= Stefan Georg =

German linguist (born 1962)

Ralf-Stefan Georg (November 7, 1962 in Bottrop) is a German linguist. He is currently Professor at the University of Bonn in Bonn, Germany, for Altaic Linguistics and Culture Studies.

== Education ==

Georg earned an M.A. in Mongolian Linguistics, Indo-European and Semitic Linguistics at Bonn University (1990), and later completed his Ph.D. (Central Asian Studies, Indo-European and Manchu Studies), with a descriptive grammar of the Thakali language (a Tibeto-Burman language of Mustang in Mid-Western Nepal), at the same institution (1995).

== Research ==

Since 1992, Georg has been engaged in linguistic fieldwork and the writing of descriptive grammars of unwritten/endangered/understudied languages. Apart from a grammar of a Thakali dialect, he has co-authored a grammar of Itelmen (Chukchi–Kamchatkan language family) and written a grammar of Ket (Yeniseian languages), as well as shorter grammatical descriptions of Ordos Mongolian and Huzhu Mongghul (a variety of the so-called Monguor group).

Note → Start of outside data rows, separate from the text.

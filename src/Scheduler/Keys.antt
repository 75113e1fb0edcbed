-- ===== src/Scheduler/Keys.antt =====
-- The order of the sort keys of the scheduler.
use ampa.Prelude.{Bool, true, false, not, ◌&&◌, if◌then◌else◌, ◌≡◌, refl, sym, arith, ◌⊎◌, ◌∙◌}
use ampa.Scheduler.Numbers.{Floats, Laws, text_lt, text_lt_asym, text_lt_cotrans}
use ampa.Scheduler.Selection.{Scored, key_lt}

-- One level of the comparison of tuples.
abbrev pub lex : (ab ba rest : Bool) → Bool
lex ab ba rest = if not ab && not ba then rest else ab

lex_asym :
    (ab ba rest tser : Bool)
    → (ab ≡ true → ba ≡ false)
    → (rest ≡ true → tser ≡ false)
    → lex ab ba rest ≡ true
    → lex ba ab tser ≡ false
lex_asym ab ba rest tser h r e = ground arith

lex_cotrans :
    (ab ba bc cb ac ca rab rbc rac : Bool)
    → (ac ≡ true → (ab ≡ true) ⊎ (bc ≡ true))
    → (ba ≡ true → (bc ≡ true) ⊎ (ca ≡ true))
    → (cb ≡ true → (ca ≡ true) ⊎ (ab ≡ true))
    → (rac ≡ true → (rab ≡ true) ⊎ (rbc ≡ true))
    → lex ac ca rac ≡ true
    → (lex ab ba rab ≡ true) ⊎ (lex bc cb rbc ≡ true)
lex_cotrans ab ba bc cb ac ca rab rbc rac h1 h2 h3 r e = ground arith

module _ {num : Floats} (laws : Laws num) where
  pub key_lt_lem :
      (a b : Scored num)
      → key_lt num a b
        ≡ lex (num.lt a.score b.score) (num.lt b.score a.score) (
            lex
              (num.lt a.normalized b.normalized)
              (num.lt b.normalized a.normalized)
              (text_lt a.spec.command_id b.spec.command_id))
  unfolding key_lt
  key_lt_lem a b = rw (laws.eq_lem a.score b.score, laws.eq_lem a.normalized b.normalized) refl

  pub key_lt_asym : (a b : Scored num) → key_lt num a b ≡ true → key_lt num b a ≡ false
  key_lt_asym a b h =
      key_lt_lem b a
      ∙ lex_asym _ _ _ _ (laws.asym a.score b.score)
          (lex_asym _ _ _ _ (laws.asym a.normalized b.normalized)
            (text_lt_asym a.spec.command_id b.spec.command_id))
          (sym (key_lt_lem a b) ∙ h)

  pub key_lt_cotrans :
      (a b c : Scored num)
      → key_lt num a c ≡ true
      → (key_lt num a b ≡ true) ⊎ (key_lt num b c ≡ true)
  key_lt_cotrans a b c h =
      rw (key_lt_lem a b, key_lt_lem b c)
        (lex_cotrans _ _ _ _ _ _ _ _ _ (laws.cotrans a.score b.score c.score)
          (laws.cotrans b.score c.score a.score) (laws.cotrans c.score a.score b.score)
          (lex_cotrans _ _ _ _ _ _ _ _ _ (laws.cotrans a.normalized b.normalized c.normalized)
            (laws.cotrans b.normalized c.normalized a.normalized)
            (laws.cotrans c.normalized a.normalized b.normalized)
            (text_lt_cotrans a.spec.command_id b.spec.command_id c.spec.command_id))
          (sym (key_lt_lem a c) ∙ h))

  pub key_lt_irrefl : (a : Scored num) → key_lt num a a ≡ false
  key_lt_irrefl a = ground (arith, key_lt_asym a a)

He has published widely on problems of language classification, especially on the controversy surrounding the Altaic hypothesis (the putative genetic relationship between the Turkic, Mongolic, and Tungusic language families to which Korean and Japanese are sometimes added). He belongs to the critics of this hypothesis and argues for a non-genetic, areal interpretation of the commonalities between these languages. Other fields of interest he is active in include Palaeosiberian languages, Tibeto-Burman languages, Indo-European and Kartvelian linguistics and linguistic typology.

== Publications ==

- Georg, Stefan (1996). "Marphatan Thakali. Untersuchungen zur Sprache des Dorfes Marpha im Oberen Kali-Gandaki-Tal/Nepal"
- Georg, Stefan (1999). "Die itelmenische Sprache"
- Georg, Stefan, Peter A. Michalove, Alexis Manaster Ramer, and Paul J. Sidwell (1999): "Telling general linguists about Altaic." Journal of Linguistics 35:65–98. Mongolian translation: Ерөнхий хэл шинжлэлчид алтай судлалын тухай. Алтай Судлал/Studia Altaica I/2001: 174-215 (transl.: P. Ajuulzhav/G. Tujaa/O. Sambuudorzh).
- Georg, Stefan (1999/2000): Haupt und Glieder der altaischen Hypothese: die Körperteilbezeichnungen im Türkischen, Mongolischen und Tungusischen (= Head and members of the Altaic hypothesis: The body-part designations in Turkic, Mongolic, and Tungusic'). Ural-altaische Jahrbücher, neue Folge B 16: 143–182.
- Georg, Stefan (2001): Türkisch/Mongolisch tengri "Himmel/Gott" und seine Herkunft. Studia Etymologica Cracoviensia 6: 83–100.
- Georg, Stefan (2002): Altaic Languages. In: David Levinson and Karen Christensen (eds.): Encyclopedia of Modern Asia, Vol. 1. New York: Charles Scribner's Sons: 86–87.
- Georg, Stefan (2003) Ordos. In: J. Janhunen (ed.): The Mongolic Languages. London: Routledge: 193–209.
- Georg, Stefan (2003a): Mongghul, in: J. Janhunen (ed.): The Mongolic Languages. London: Routledge: 286–306.
- Georg, Stefan (2003b): The Gradual Disappearance of a Eurasian Language Family – The Case of Yenisseyan. In: M. Janse and S. Tol (eds.): Language Death and Language Maintenance. Theoretical, Practical and Descriptive Approaches. Amsterdam: Benjamins: 89–106.
- Georg, Stefan (2003). "From Mass Comparison to Mess Comparison: Greenberg's "Eurasiatic" Theory"
- Georg, Stefan (2004). "Review of Etymological Dictionary of the Altaic Languages"
- Georg, Stefan (2004). "Unreclassifying Tungusic"
- Georg, Stefan (2005). "Review of Indo-European and Its Closest Relatives: The Eurasiatic language family"
- Georg, Stefan (2007). "A Descriptive Grammar of Ket (Yenisei-Ostyak)"
- Georg, Stefan (2008): Yeniseic languages and the Siberian linguistic area In: A. Lubotsky, J. Schaeken and J. Wiedenhof (eds.): Evidence and Counter-Evidence. Festschrift Frederik Kortlandt, Vol.I. Amsterdam/New York: Rodopi.